◆ WHAT TO DO ◆
Starting at the top of the listing below, copy each line exactly, stopping after the line that contains "-- has sent, it".

◆ LISTED RECORDS ◆
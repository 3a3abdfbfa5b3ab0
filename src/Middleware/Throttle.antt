-- ===== src/Middleware/Throttle.antt =====
-- internal/middleware/throttle.go. A handler first waits in its `select`, which either sends to the
-- channel `sem`, when it has room, or takes the other case, when the request's time is up. Once it
-- has sent, it calls `next`, and when that is done the deferred receive takes an element from the
-- channel. The channel is its number of elements, as the elements are all alike: Go lets a sender
-- go on while there are fewer than its capacity, and a receiver while there is one. The fields `mu`
-- and `active` are never used.
use cascade_proxy.Common.{
  ℕ, ◌+◌, ◌-◌, ◌≤◌, ◌<◌, ◌≡◌, refl, ap, List, [], ◌∷◌, ◌++◌, arith, ascii, length, length-append,
  All,
}
use cascade_proxy.Http.{WriteOp, http_error}

pub record Config : Type 0 where
  pub max_concurrent : ℕ
  pub queue_timeout : ℕ

abbrev pub default_config : Config
default_config = record { max_concurrent = 10; queue_timeout = 5_000_000_000 }

-- One that was answered 503: when it came and when it was answered.
pub record Rejected : Type 0 where
  pub id : ℕ
  pub came : ℕ
  pub answered : ℕ

-- The channel, and the requests by their identities: those that wait, each with the time at which
-- it came, those that have sent to the channel, those that `next` serves, those that it is done
-- with, and those that were rejected.
pub record Throttle : Type 0 where
  pub cfg : Config
  pub now : ℕ
  pub sem : ℕ
  pub waiting : List (ℕ × ℕ)
  pub entered : List ℕ
  pub serving : List ℕ
  pub leaving : List ℕ
  pub rejected : List Rejected

unfoldable pub new : Config → Throttle
new cfg = record {
  cfg = cfg;
  now = 0;
  sem = 0;
  waiting = [];
  entered = [];
  serving = [];
  leaving = [];
  rejected = [];
}

abbrev pub rejection : List WriteOp
rejection = http_error (ascii "503 Service Unavailable: too many concurrent requests") 503

-- What can happen next.
pub data Step (t : Throttle) : Throttle → Type 0 where
  -- a request comes in, and `time.After` starts
  arrive : (id : ℕ) → Step t (record t { waiting = (id, t.now) ∷ t.waiting })
  -- case t.sem <- struct{}{}
  send :
      (id came : ℕ) (before after : List (ℕ × ℕ))
      → t.waiting ≡ before ++ ((id, came) ∷ after)
      → t.sem < t.cfg.max_concurrent
      → Step t (record t { sem = t.sem + 1; waiting = before ++ after; entered = id ∷ t.entered })
  -- next.ServeHTTP begins
  serve :
      (id : ℕ) (before after : List ℕ)
      → t.entered ≡ before ++ (id ∷ after)
      → Step t (record t { entered = before ++ after; serving = id ∷ t.serving })
  -- and is done
  done :
      (id : ℕ) (before after : List ℕ)
      → t.serving ≡ before ++ (id ∷ after)
      → Step t (record t { serving = before ++ after; leaving = id ∷ t.leaving })
  -- the deferred <-t.sem
  receive :
      (id : ℕ) (before after : List ℕ)
      → t.leaving ≡ before ++ (id ∷ after)
      → 0 < t.sem
      → Step t (record t { sem = t.sem - 1; leaving = before ++ after })
  -- case <-time.After(cfg.QueueTimeout)
  reject :
      (id came : ℕ) (before after : List (ℕ × ℕ))
      → t.waiting ≡ before ++ ((id, came) ∷ after)
      → came + t.cfg.queue_timeout ≤ t.now
      → Step t (record t {
        waiting = before ++ after;
        rejected = record { id = id; came = came; answered = t.now } ∷ t.rejected;
      })
  tick : (d : ℕ) → Step t (record t { now = t.now + d })

pub data Reachable (cfg : Config) : Throttle → Type 0 where
  start : Reachable cfg (new cfg)
  then_ : {s t : Throttle} → Reachable cfg s → Step s t → Reachable cfg t

-- What holds in every state that can be reached: each request between its send and its receive has
-- one element in the channel.
pub record IsValid (cfg : Config) (t : Throttle) : Type 0 where
  pub same : t.cfg ≡ cfg
  pub bounded : t.sem ≤ cfg.max_concurrent
  pub held : length t.entered + length t.serving + length t.leaving ≡ t.sem
  pub patient : All (λ (x : Rejected). x.came + cfg.queue_timeout ≤ x.answered) t.rejected

one_less :
    {A : Type 0} (ys xs : List A) (x : A) (zs : List A)
    → ys ≡ xs ++ (x ∷ zs)
    → length ys ≡ length (xs ++ zs) + 1
one_less ys xs x zs e = omega (arith, ap length e, length-append xs zs, length-append xs (x ∷ zs))

room_for : {c d : Config} → c ≡ d → c.max_concurrent ≡ d.max_concurrent
room_for e = ap (λ (c : Config). c.max_concurrent) e

step-IsValid : {cfg : Config} {s t : Throttle} → IsValid cfg s → Step s t → IsValid cfg t
step-IsValid v (arrive id) = record {
  same = v.same;
  bounded = v.bounded;
  held = v.held;
  patient = v.patient;
}
step-IsValid v (send id came before after there room) = record {
  same = v.same;
  bounded = omega (arith, room_for v.same, room);
  held = omega (arith, v.held);
  patient = v.patient;
}
step-IsValid {s} v (serve id before after there) = record {
  same = v.same;
  bounded = v.bounded;
  held = omega (arith, v.held, one_less s.entered before id after there);
  patient = v.patient;
}
step-IsValid {s} v (done id before after there) = record {
  same = v.same;
  bounded = v.bounded;
  held = omega (arith, v.held, one_less s.serving before id after there);
  patient = v.patient;
}
step-IsValid {s} v (receive id before after there some_) = record {
  same = v.same;
  bounded = omega (arith, v.bounded);
  held = omega (arith, v.held, one_less s.leaving before id after there);
  patient = v.patient;
}
step-IsValid v (reject id came before after there late) = record {
  same = v.same;
  bounded = v.bounded;
  held = v.held;
  patient = (omega (arith, late, ap (λ (c : Config). c.queue_timeout) v.same), v.patient);
}
step-IsValid v (tick d) = record {
  same = v.same;
  bounded = v.bounded;
  held = v.held;
  patient = v.patient;
}

-- In every state that the throttle can reach, the channel has just one element for each request
-- that has sent and not yet received, so that at most as many requests are with the next handler
-- at once as the configuration allows, and no deferred receive finds the channel empty; and each
-- request that was rejected had waited for the whole timeout of the queue.
pub reachable-few :
    (cfg : Config) (t : Throttle)
    → Reachable cfg t
    → (length t.entered + length t.serving + length t.leaving ≡ t.sem)
      × (length t.serving ≤ cfg.max_concurrent)
      × (length t.leaving ≤ t.sem)
      × All (λ (x : Rejected). x.came + cfg.queue_timeout ≤ x.answered) t.rejected
reachable-few cfg t path =
    let v = valid path in
    (v.held, omega (arith, v.held, v.bounded), omega (arith, v.held), v.patient)
  where
    valid : {t : Throttle} → Reachable cfg t → IsValid cfg t
    valid start =
        unfold new in record { same = refl; bounded = omega arith; held = refl; patient = tt }
    valid (then_ path' step) = step-IsValid (valid path') step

◆ EXPECTED ANSWER ◆
repository 3a3abdfbfa5b3ab0
filename src/Middleware/Throttle.antt
-- ===== src/Middleware/Throttle.antt =====
-- internal/middleware/throttle.go. A handler first waits in its `select`, which either sends to the
-- channel `sem`, when it has room, or takes the other case, when the request's time is up. Once it
-- has sent, it calls `next`, and when that is done the deferred receive takes an element from the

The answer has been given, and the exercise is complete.